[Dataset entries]
....

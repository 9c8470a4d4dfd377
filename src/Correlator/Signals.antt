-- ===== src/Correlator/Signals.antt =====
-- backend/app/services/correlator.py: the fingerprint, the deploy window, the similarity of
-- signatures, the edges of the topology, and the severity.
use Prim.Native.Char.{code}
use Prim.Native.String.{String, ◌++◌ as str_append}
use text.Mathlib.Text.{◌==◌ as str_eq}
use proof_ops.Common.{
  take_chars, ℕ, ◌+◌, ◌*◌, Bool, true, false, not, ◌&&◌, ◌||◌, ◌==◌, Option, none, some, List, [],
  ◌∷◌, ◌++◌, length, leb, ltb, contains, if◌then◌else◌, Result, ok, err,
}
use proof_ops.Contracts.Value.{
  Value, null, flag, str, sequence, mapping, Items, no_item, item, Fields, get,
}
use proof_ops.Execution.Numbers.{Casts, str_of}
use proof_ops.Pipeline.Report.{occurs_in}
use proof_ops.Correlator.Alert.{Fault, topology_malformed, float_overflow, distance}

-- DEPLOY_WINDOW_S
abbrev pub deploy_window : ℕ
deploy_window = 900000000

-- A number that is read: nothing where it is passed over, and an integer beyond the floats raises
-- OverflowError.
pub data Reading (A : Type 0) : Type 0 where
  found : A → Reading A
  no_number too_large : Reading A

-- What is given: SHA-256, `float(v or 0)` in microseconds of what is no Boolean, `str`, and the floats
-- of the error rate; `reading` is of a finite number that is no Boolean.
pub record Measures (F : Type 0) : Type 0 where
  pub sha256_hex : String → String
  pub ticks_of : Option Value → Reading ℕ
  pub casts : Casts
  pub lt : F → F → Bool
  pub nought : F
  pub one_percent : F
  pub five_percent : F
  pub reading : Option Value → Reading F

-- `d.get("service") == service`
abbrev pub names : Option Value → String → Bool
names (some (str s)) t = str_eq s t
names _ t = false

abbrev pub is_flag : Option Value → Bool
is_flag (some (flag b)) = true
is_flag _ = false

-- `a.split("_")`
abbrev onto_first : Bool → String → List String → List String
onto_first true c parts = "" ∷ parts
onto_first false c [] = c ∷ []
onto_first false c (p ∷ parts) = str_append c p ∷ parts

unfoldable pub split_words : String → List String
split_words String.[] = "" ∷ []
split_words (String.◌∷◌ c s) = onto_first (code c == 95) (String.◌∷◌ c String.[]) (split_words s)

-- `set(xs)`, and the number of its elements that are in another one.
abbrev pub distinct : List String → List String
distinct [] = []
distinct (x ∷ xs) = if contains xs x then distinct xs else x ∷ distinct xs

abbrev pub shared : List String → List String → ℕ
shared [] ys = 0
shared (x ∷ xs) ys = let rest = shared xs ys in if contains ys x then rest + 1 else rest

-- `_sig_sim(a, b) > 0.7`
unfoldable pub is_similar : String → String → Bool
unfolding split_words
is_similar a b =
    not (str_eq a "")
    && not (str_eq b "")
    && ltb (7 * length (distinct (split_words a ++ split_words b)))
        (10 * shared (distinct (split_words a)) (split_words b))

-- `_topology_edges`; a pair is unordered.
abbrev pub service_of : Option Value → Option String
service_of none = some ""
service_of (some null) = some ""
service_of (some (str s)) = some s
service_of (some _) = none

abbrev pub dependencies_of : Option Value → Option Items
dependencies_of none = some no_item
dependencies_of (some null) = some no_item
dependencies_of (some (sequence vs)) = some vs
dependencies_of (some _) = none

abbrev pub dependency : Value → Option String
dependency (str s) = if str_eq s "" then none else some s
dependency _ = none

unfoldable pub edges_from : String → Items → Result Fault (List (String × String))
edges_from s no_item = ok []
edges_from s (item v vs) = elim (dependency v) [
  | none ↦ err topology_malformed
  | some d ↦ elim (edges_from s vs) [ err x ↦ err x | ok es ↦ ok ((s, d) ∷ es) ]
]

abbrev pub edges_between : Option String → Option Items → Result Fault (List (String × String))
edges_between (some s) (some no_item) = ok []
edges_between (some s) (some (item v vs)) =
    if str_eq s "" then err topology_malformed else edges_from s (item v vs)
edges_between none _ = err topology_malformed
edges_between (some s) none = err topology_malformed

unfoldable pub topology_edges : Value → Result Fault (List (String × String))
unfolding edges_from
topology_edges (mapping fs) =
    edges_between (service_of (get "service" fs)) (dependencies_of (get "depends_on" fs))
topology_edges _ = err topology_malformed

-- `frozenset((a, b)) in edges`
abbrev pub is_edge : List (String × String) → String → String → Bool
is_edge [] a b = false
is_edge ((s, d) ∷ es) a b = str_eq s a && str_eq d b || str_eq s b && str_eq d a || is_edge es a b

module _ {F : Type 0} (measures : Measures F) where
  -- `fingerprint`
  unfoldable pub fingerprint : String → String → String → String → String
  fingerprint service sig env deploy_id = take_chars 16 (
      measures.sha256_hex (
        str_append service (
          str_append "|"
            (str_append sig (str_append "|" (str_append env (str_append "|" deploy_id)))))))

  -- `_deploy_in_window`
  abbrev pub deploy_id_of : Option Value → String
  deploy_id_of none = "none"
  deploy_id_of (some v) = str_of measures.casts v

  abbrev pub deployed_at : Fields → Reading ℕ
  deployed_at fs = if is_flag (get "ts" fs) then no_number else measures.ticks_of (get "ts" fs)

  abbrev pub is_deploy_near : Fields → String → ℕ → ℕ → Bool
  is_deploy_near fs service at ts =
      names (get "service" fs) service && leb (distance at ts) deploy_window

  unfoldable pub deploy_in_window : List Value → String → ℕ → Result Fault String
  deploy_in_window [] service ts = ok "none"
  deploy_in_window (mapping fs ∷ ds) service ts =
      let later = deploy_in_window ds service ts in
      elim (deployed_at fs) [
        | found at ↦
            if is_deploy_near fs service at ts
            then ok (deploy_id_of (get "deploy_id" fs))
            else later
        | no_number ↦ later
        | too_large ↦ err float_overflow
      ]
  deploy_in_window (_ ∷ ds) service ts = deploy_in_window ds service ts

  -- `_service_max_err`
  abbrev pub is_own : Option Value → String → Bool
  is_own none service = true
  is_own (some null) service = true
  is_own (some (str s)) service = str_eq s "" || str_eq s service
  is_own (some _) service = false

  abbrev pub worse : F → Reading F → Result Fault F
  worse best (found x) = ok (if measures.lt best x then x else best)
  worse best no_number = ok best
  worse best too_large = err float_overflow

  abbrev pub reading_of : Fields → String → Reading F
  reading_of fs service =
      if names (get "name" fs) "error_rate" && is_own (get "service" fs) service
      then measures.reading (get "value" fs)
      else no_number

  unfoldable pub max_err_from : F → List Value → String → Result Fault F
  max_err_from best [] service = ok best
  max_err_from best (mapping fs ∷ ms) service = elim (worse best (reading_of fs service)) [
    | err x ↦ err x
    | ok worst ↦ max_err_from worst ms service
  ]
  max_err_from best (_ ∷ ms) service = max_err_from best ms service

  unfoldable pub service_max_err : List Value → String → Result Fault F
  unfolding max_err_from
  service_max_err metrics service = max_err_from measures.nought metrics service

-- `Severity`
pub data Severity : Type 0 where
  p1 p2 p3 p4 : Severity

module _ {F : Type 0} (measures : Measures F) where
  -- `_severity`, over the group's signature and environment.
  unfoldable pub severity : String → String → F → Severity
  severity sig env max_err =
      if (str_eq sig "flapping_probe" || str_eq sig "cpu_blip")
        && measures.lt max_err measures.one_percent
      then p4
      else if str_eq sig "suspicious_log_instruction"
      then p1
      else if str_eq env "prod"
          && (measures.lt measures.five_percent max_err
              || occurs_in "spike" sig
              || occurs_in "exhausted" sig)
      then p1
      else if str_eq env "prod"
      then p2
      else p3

....

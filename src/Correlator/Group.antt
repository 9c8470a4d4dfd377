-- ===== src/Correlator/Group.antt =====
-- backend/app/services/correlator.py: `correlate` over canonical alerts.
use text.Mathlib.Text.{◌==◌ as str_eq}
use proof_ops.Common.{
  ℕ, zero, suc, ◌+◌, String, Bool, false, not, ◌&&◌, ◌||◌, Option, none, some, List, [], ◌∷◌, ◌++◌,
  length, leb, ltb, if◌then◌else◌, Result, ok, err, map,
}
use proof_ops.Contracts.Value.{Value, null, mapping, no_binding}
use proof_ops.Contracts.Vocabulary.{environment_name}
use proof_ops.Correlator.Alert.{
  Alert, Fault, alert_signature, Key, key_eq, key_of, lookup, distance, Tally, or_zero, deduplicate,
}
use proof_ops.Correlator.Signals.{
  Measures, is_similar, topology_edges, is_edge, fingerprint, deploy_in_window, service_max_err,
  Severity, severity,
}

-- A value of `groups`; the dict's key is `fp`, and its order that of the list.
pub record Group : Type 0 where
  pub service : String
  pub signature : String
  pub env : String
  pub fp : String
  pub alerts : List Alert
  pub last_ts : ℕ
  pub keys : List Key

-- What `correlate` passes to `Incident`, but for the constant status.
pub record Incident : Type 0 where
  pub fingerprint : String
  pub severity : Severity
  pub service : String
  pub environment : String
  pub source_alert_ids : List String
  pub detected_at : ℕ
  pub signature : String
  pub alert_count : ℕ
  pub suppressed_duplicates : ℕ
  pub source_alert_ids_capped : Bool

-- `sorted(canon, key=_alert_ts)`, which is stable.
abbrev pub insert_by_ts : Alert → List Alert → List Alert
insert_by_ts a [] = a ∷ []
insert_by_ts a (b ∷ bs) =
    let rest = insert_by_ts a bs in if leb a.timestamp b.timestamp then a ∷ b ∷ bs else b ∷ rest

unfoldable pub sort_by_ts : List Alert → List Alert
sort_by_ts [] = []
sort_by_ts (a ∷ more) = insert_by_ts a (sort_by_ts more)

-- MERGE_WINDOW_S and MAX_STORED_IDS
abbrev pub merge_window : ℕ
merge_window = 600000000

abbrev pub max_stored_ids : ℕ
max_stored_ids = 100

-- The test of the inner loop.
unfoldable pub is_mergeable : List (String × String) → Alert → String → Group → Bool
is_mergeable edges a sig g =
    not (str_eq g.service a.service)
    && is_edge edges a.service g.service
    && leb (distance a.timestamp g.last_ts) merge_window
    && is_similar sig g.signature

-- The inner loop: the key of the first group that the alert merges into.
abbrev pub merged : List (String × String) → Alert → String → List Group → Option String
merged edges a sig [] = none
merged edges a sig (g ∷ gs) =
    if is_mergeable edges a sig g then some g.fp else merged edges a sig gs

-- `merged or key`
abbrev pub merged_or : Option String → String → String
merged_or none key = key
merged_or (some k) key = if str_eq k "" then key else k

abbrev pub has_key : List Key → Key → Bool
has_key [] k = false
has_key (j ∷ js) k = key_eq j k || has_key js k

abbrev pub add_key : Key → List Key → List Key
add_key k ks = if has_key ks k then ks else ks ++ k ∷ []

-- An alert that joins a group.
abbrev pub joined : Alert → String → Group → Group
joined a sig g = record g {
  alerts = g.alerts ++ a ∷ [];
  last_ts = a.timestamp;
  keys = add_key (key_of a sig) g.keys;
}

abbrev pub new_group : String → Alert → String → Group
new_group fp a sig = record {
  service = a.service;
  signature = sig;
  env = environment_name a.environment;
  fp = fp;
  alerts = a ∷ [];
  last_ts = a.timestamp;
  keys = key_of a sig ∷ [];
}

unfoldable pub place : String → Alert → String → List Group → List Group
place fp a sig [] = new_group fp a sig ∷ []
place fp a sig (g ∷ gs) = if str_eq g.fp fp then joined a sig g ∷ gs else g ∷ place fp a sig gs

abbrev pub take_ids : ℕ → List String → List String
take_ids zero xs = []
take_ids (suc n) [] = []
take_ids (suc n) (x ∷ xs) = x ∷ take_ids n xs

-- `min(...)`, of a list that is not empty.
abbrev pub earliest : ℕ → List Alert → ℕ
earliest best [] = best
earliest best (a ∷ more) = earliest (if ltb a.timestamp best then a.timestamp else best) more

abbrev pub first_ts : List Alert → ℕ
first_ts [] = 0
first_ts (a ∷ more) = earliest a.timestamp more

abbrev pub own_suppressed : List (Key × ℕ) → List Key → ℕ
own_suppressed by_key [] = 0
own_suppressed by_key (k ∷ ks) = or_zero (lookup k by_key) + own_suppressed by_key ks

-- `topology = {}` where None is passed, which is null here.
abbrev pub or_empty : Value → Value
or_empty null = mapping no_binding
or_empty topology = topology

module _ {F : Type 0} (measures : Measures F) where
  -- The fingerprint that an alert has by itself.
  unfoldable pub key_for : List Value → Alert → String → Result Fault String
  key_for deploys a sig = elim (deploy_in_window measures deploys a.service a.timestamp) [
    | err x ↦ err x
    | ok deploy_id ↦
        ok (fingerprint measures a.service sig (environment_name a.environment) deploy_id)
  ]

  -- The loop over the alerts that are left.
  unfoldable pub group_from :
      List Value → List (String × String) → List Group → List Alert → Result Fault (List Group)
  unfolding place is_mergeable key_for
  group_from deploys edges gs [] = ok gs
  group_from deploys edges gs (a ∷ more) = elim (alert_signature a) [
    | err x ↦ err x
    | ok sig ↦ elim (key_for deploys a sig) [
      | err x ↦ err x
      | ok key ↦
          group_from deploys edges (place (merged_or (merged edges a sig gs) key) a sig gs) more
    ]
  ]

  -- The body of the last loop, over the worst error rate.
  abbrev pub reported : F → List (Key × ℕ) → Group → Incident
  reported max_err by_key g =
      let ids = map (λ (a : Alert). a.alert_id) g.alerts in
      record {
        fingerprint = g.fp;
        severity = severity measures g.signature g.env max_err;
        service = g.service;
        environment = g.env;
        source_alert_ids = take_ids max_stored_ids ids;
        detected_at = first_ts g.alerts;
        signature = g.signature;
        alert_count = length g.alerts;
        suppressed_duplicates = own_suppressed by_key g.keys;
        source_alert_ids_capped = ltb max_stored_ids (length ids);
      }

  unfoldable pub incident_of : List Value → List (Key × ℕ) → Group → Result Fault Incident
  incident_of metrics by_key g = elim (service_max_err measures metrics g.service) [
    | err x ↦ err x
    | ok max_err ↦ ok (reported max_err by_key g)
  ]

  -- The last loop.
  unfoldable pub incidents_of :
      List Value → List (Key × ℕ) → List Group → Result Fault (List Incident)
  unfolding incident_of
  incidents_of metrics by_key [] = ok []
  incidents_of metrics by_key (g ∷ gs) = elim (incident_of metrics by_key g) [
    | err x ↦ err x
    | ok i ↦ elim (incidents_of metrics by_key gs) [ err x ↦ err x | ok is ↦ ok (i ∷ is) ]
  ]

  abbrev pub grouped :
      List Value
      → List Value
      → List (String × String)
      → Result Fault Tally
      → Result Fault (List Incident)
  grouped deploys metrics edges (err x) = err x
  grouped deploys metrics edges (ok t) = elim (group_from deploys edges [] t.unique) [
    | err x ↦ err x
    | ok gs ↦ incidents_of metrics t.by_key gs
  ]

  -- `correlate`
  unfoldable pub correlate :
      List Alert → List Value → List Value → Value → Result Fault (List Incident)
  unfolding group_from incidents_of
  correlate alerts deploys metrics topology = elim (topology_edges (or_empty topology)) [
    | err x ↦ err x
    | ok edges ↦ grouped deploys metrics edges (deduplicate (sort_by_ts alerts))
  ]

....

» **PROBLEM REQUIREMENTS**: Copy out, from the data above, each line where the string "rest" is present.

» **EXERCISE ANSWER**:
shared (x ∷ xs) ys = let rest = shared xs ys in if contains ys x then rest + 1 else rest
    let rest = insert_by_ts a bs in if leb a.timestamp b.timestamp then a ∷ b ∷ bs else b ∷ rest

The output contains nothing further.